→ WORK INSTRUCTIONS
Exactly how many lines in the entries contain "gone"? Give that number alone.

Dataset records
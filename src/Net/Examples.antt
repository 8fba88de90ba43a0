-- ===== src/Net/Examples.antt =====
-- The theorems on peers and their connections, at concrete keys, addresses and calls.
use abyss_core.Prelude.{
  ℕ, zero, suc, ◌≤◌, String, string_eq, nat_eq, Bool, true, false, inl, inr, List, [], ◌∷◌, none,
  some, ◌==◌, if◌then◌else◌, ◌≡◌, refl, arith, put,
}
use abyss_core.Interfaces.{Aurl, UdpAddr}
use abyss_core.Functional.{Tried, value, failed}
use abyss_core.Net.Addresses.{
  BetaAddressSelector, filter_address_candidates, mapped, collect, classify, choice, choose,
  same_bytes, is_private, after_private, public_one,
}
use abyss_core.Net.Addresses.Choosing.{
  filter_address_candidates-idempotent, mapped_private-is_public,
}
use abyss_core.Net.Timeouts.{clean, clean-cancels_none, undone}
use abyss_core.Net.Contexts.{
  ContextedPeerMap, new_contexted_peer_map, append, wait, fresh_peer, find,
}
use abyss_core.Net.Contexts.Waiting.{wait-served, map_calls, cleaned, IsIn}
use abyss_core.Net.Identity.{
  PublicKey, ed25519, rsa, other_key, no_key, Certificate, X509, RootSecrets, TlsIdentity,
  PeerIdentity, new_root_identity, new_tls_identity, new_peer_identity, verify_tls_binding,
  bind_subject, verified_key, binding_names,
}
use abyss_core.Net.Identity.Binding.{
  IsX509, IsIssued, made, same_bytes_self, own_binding-verifies, verify_tls_binding_sound,
}
use abyss_core.Net.Identity.Handshake.{
  Crypto, IsCrypto, Bytes, encrypt_handshake, decrypt_handshake, decrypt-encrypt,
}
use abyss_core.Net.Peer.{
  pncs_closed, AbyssPeer, new_abyss_peer, announced, listening, InboundCalls, OutboundCalls,
  prepare_abyss_inbound, prepare_abyss_outbound,
}
use abyss_core.Net.Peer.Steps.{
  peer_calls, peer_calls-Fits, announcements, listeners, IsFit, inbound_done, outbound_done,
  listen_done,
}
use abyss_core.Net.Peer.Handshakes.{
  IsConnected, handshakes-connect, outbound-unverified, closed-stays,
}
use abyss_core.Net.Service.{connect_abyss_async, connect_to, known_at, append_known_peer}
use abyss_core.Net.Service.Known.{Returns, connect-prepares, append_known_peer-known}

abbrev selector : BetaAddressSelector
selector = record { local_private_addr = 192 ∷ 168 ∷ 0 ∷ 5 ∷ []; local_public_addr = [] }

abbrev loop_addr : UdpAddr
loop_addr = record { ip = mapped (127 ∷ 0 ∷ 0 ∷ 1 ∷ []); port = 80 }

abbrev far : UdpAddr
far = record { ip = mapped (8 ∷ 8 ∷ 8 ∷ 8 ∷ []); port = 443 }

abbrev private_16 : UdpAddr
private_16 = record { ip = mapped (192 ∷ 168 ∷ 0 ∷ 5 ∷ []); port = 443 }

filter_address_candidates-idempotent_example :
    filter_address_candidates selector (far ∷ []) ≡ some (far ∷ [])
unfolding filter_address_candidates collect classify is_private after_private choice choose
filter_address_candidates-idempotent_example =
    filter_address_candidates-idempotent selector (loop_addr ∷ far ∷ []) (far ∷ []) refl

mapped_private-is_public_example : classify selector private_16 ≡ public_one
mapped_private-is_public_example = mapped_private-is_public selector private_16 0 5 refl refl

clean-cancels_none_example :
    clean
      (λ n. n == 2)
      1000000
      5
      (record { context = 1; timestamp = 0 } ∷ record { context = 2; timestamp = 0 } ∷ [])
    ≡ ([], record { context = 1; timestamp = 0 } ∷ [])
unfolding undone
clean-cancels_none_example =
    clean-cancels_none (λ n. n == 2) 1000000 5
      (record { context = 1; timestamp = 0 } ∷ record { context = 2; timestamp = 0 } ∷ [])
      (omega arith, (omega arith, tt))

wait-served_example :
    ((wait 3 "bob" new_contexted_peer_map).1 ≡ false)
    × ((append 9 "bob" 1
          (map_calls (cleaned 5 (λ w. w == 3) ∷ []) (wait 3 "bob" new_contexted_peer_map).0)).2
        ≡ true)
    × IsIn 3
        (append 9 "bob" 1
          (map_calls (cleaned 5 (λ w. w == 3) ∷ []) (wait 3 "bob" new_contexted_peer_map).0)).1
    × ((append 9 "bob" 1 (
            map_calls
              (cleaned 5 (λ w. w == 3) ∷ [])
              (wait 3 "bob" new_contexted_peer_map).0)).0.peers
          "bob"
        ≡ some (fresh_peer 1 9))
unfolding new_contexted_peer_map
wait-served_example =
    wait-served 3 "bob" new_contexted_peer_map (cleaned 5 (λ w. w == 3) ∷ []) 9 1 refl (refl, tt)

-- Certificates that are signed by writing down the signer's key.
abbrev key_bytes : PublicKey → List ℕ
key_bytes (ed25519 k) = k
key_bytes (rsa n) = n ∷ []
key_bytes (other_key k) = k
key_bytes no_key = []

abbrev same_key : PublicKey → PublicKey → Bool
same_key (ed25519 k) (ed25519 l) = same_bytes k l
same_key no_key signer = true
same_key _ _ = false

abbrev x : X509 Certificate Certificate
x = record {
  create_certificate = λ t parent key signer.
      if same_key parent.public_key signer
      then value (made t parent key (key_bytes signer))
      else failed "provided PrivateKey doesn't match parent's PublicKey";
  parse_certificate = λ c. value c;
  check_signature_from = λ c by.
      if same_bytes c.signature (key_bytes by.public_key) then none else some "bad signature";
  pem_encode = λ c. value c;
  pem_decode = λ c. some c;
}

created :
    (t parent : Certificate) (key : PublicKey) (signer : List ℕ)
    → IsIssued parent key signer
    → x.create_certificate t parent key (ed25519 signer) ≡ value (made t parent key signer)
created t parent key signer h = elim (h.2) [
  | inl e ↦ rw e refl
  | inr e ↦ rw e (rw (same_bytes_self signer) refl)
]

confirmed :
    (t parent : Certificate) (key : PublicKey) (signer : List ℕ) (by : Certificate)
    → by.public_key ≡ ed25519 signer
    → x.check_signature_from (made t parent key signer) by ≡ none
confirmed t parent key signer by e = rw e (rw (same_bytes_self signer) refl)

x-IsX509 : IsX509 x
x-IsX509 = record {
  sign = λ t parent key signer. signer;
  der_of = λ t parent key signer. made t parent key signer;
  pem_of = λ d. d;
  creates = created;
  parses = λ t parent key signer h. refl;
  confirms = λ t parent key signer by h e ca signs. confirmed t parent key signer by e;
  encodes = λ d. refl;
  decodes = λ d. refl;
}

abbrev alice_id : PublicKey → Tried String String
alice_id key = value "I4alice"

abbrev copies : ℕ → ℕ → List ℕ
copies zero b = []
copies (suc n) b = b ∷ copies n b

abbrev alice_bytes : List ℕ
alice_bytes = copies 32 7

abbrev alice_tls : List ℕ
alice_tls = copies 32 9

abbrev alice_key : PublicKey
alice_key = ed25519 alice_bytes

own_binding-verifies_example :
    (r : RootSecrets Certificate) × (t : TlsIdentity Certificate) × (root_der
      handshake_der : Certificate)
    × (p : PeerIdentity Certificate) × (bind tls : Certificate) × (new_root_identity x alice_id
          alice_key 17
        ≡ value r)
    × (new_tls_identity x alice_id r (ed25519 alice_tls) ≡ value t)
    × (x.pem_decode r.root_self_cert ≡ some root_der)
    × (x.pem_decode r.handshake_key_cert ≡ some handshake_der)
    × (new_peer_identity x alice_id root_der handshake_der ≡ value p)
    × (p.root_id_hash ≡ r.root_id_hash)
    × (p.handshake_pub_key ≡ 17)
    × (x.parse_certificate t.abyss_bind_cert ≡ value bind)
    × (x.parse_certificate t.tls_self_cert ≡ value tls)
    × (verify_tls_binding x p bind tls ≡ some none)
own_binding-verifies_example =
    own_binding-verifies x x-IsX509 alice_id alice_bytes 17 alice_tls "I4alice" refl refl refl

abbrev certificate : String → PublicKey → Certificate
certificate subject key = record {
  issuer = "I4alice";
  subject = subject;
  public_key = key;
  is_ca = true;
  cert_sign = true;
  signature = alice_bytes;
}

abbrev alice : PeerIdentity Certificate
alice = record {
  root_id_hash = "I4alice";
  root_self_cert_x509 = certificate "I4alice" alice_key;
  handshake_pub_key = 17;
  root_self_cert_der = certificate "I4alice" alice_key;
  handshake_key_cert_der = certificate "I4alice" (rsa 17);
}

abbrev alice_bind : Certificate
alice_bind = certificate "T-I4alice" (ed25519 alice_tls)

verify_tls_binding_sound_example :
    (alice_bind.public_key ≡ ed25519 alice_tls)
    × (alice_bind.issuer ≡ "I4alice")
    × (alice_bind.subject ≡ bind_subject "I4alice")
    × (x.check_signature_from alice_bind (certificate "I4alice" alice_key) ≡ none)
unfolding verify_tls_binding verified_key binding_names bind_subject
verify_tls_binding_sound_example =
    verify_tls_binding_sound x alice alice_bind (certificate "" (ed25519 alice_tls)) refl

-- A cipher that changes nothing, and RSA with blocks of the message's own size.
abbrev plain_crypto : Crypto
plain_crypto = record {
  encrypt_oaep = λ key m. value m;
  decrypt_oaep = λ key m. value (record { bytes = m; spare = [] });
  size = λ key. 44;
  new_cipher = λ k. none;
  new_gcm = λ k. none;
  seal = λ k n m. m;
  open_sealed = λ k n m. value m;
}

plain_crypto-IsCrypto : IsCrypto plain_crypto
plain_crypto-IsCrypto = record {
  encrypted = λ key m. m;
  behind = λ key m. [];
  encrypts = λ key m e. refl;
  decrypts = λ key m e. refl;
  fits = λ key m e. e;
  ciphers = λ k e. (refl, refl);
  opens = λ k n m e f. refl;
}

decrypt-encrypt_example :
    (body : Bytes) × (encrypt_handshake plain_crypto 5
        (value (copies 32 0))
        (value (copies 12 0))
        (1 ∷ 2 ∷ [])
      ≡ value body)
    × (decrypt_handshake plain_crypto 5 (record { bytes = body; spare = 6 ∷ [] })
        ≡ some (value (1 ∷ 2 ∷ [])))
decrypt-encrypt_example =
    decrypt-encrypt plain_crypto 5 (copies 32 0) (copies 12 0) (1 ∷ 2 ∷ []) (6 ∷ [])
      plain_crypto-IsCrypto refl refl

abbrev inbound : InboundCalls
inbound = record {
  connection = 1;
  accept_stream = value 2;
  decode = none;
  decrypt = some none;
  unmarshal = none;
  parse_certificate = value "bob";
  wait = λ hash. hash == "bob";
  verify = some none;
  encode = none;
}

abbrev outbound : OutboundCalls
outbound = record {
  dial = λ a. value 3;
  open_stream = value 4;
  marshal = none;
  encrypt = none;
  encode = none;
  decode = none;
  parse_certificate = none;
  verify = some none;
}

handshakes-connect_example :
    ((p q : AbyssPeer) × (prepare_abyss_inbound inbound (new_abyss_peer "bob")
        ≡ some (p, listening ∷ []))
      × (prepare_abyss_outbound selector outbound (far ∷ []) p ≡ some (q, announced ∷ []))
      × IsConnected q 1 3 2 4)
    × ((p q : AbyssPeer) × (prepare_abyss_outbound selector outbound
            (far ∷ [])
            (new_abyss_peer "bob")
          ≡ some (p, []))
        × (prepare_abyss_inbound inbound p ≡ some (q, listening ∷ announced ∷ []))
        × IsConnected q 1 3 2 4)
unfolding filter_address_candidates collect classify is_private after_private choice choose
handshakes-connect_example =
    handshakes-connect "bob" selector inbound outbound (far ∷ []) far [] 2 3 4 refl
      (record {
        accepted = refl;
        decoded = refl;
        decrypted = refl;
        unmarshalled = refl;
        hash = "bob";
        named = refl;
        known = refl;
        verified = refl;
        encoded = refl;
      })
      (record {
        dialed = refl;
        opened = refl;
        marshalled = refl;
        encrypted = refl;
        encoded = refl;
        decoded = refl;
        named = refl;
        verified = refl;
      })

outbound-unverified_example :
    prepare_abyss_outbound selector
      (record outbound { decode = none; verify = some (some "tls public key mismatch") })
      (far ∷ [])
      (new_abyss_peer "bob")
    ≡ prepare_abyss_outbound selector outbound (far ∷ []) (new_abyss_peer "bob")
outbound-unverified_example =
    outbound-unverified selector outbound (far ∷ []) (new_abyss_peer "bob") none
      (some "tls public key mismatch") refl

abbrev gone : AbyssPeer
gone = record {
  state = pncs_closed;
  identity = "bob";
  addresses = [];
  inbound_conn = some 1;
  outbound_conn = some 3;
  ahmp_encoder = some 4;
  ahmp_decoder = some 2;
  err = none;
}

closed-stays_example :
    ((peer_calls (inbound_done none 5 6 ∷ outbound_done none 7 8 [] ∷ []) gone).0.state
      ≡ pncs_closed)
    × (announcements (peer_calls (inbound_done none 5 6 ∷ outbound_done none 7 8 [] ∷ []) gone).1
        ≡ 0)
    × (listeners (peer_calls (inbound_done none 5 6 ∷ outbound_done none 7 8 [] ∷ []) gone).1 ≡ 0)
closed-stays_example =
    closed-stays (inbound_done none 5 6 ∷ outbound_done none 7 8 [] ∷ []) gone refl

peer_calls-Fits_example :
    (announcements (peer_calls (inbound_done none 5 6 ∷ listen_done ∷ []) (new_abyss_peer "bob")).1
      ≤ 1)
    × (listeners (peer_calls (inbound_done none 5 6 ∷ listen_done ∷ []) (new_abyss_peer "bob")).1
        ≤ 1)
    × IsFit
        (peer_calls (inbound_done none 5 6 ∷ listen_done ∷ []) (new_abyss_peer "bob")).0
        (announcements
          (peer_calls (inbound_done none 5 6 ∷ listen_done ∷ []) (new_abyss_peer "bob")).1)
        (listeners (peer_calls (inbound_done none 5 6 ∷ listen_done ∷ []) (new_abyss_peer "bob")).1)
peer_calls-Fits_example = peer_calls-Fits "bob" (inbound_done none 5 6 ∷ listen_done ∷ [])

abbrev bob_url : Aurl
bob_url = record { scheme = "abyss"; hash = "bob"; addresses = far ∷ []; path = "/" }

abbrev knowing_bob : ContextedPeerMap
knowing_bob = (append 1 "bob" 1 new_contexted_peer_map).0

-- The outbound handshake, where the accepter presents the binding certificate of alice.
abbrev outbound_alice : OutboundCalls
outbound_alice = record outbound {
  verify = verify_tls_binding x alice alice_bind (certificate "" (ed25519 alice_tls));
}

connect-prepares_example :
    Returns (prepare_abyss_outbound selector outbound_alice (far ∷ []) (new_abyss_peer "bob"))
unfolding connect_abyss_async connect_to known_at filter_address_candidates collect classify
    is_private after_private choice choose append new_contexted_peer_map find put
connect-prepares_example =
    connect-prepares x alice alice_bind (certificate "" (ed25519 alice_tls)) alice_tls selector 2
      bob_url knowing_bob (far ∷ []) outbound_alice (new_abyss_peer "bob") refl refl refl refl

append_known_peer-known_example :
    (r : RootSecrets Certificate) × (n : ContextedPeerMap) × (new_root_identity x alice_id alice_key
        17
      ≡ value r)
    × (append_known_peer x alice_id 5 1 r.root_self_cert r.handshake_key_cert knowing_bob ≡ value n)
    × (r.root_id_hash ≡ "I4alice")
    × (n.peers "I4alice" ≡ some (fresh_peer 1 5))
unfolding append new_contexted_peer_map put
append_known_peer-known_example =
    append_known_peer-known x x-IsX509 alice_id alice_bytes 17 "I4alice" 5 1 knowing_bob refl refl
      refl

→ ANSWER TO THIS TASK
6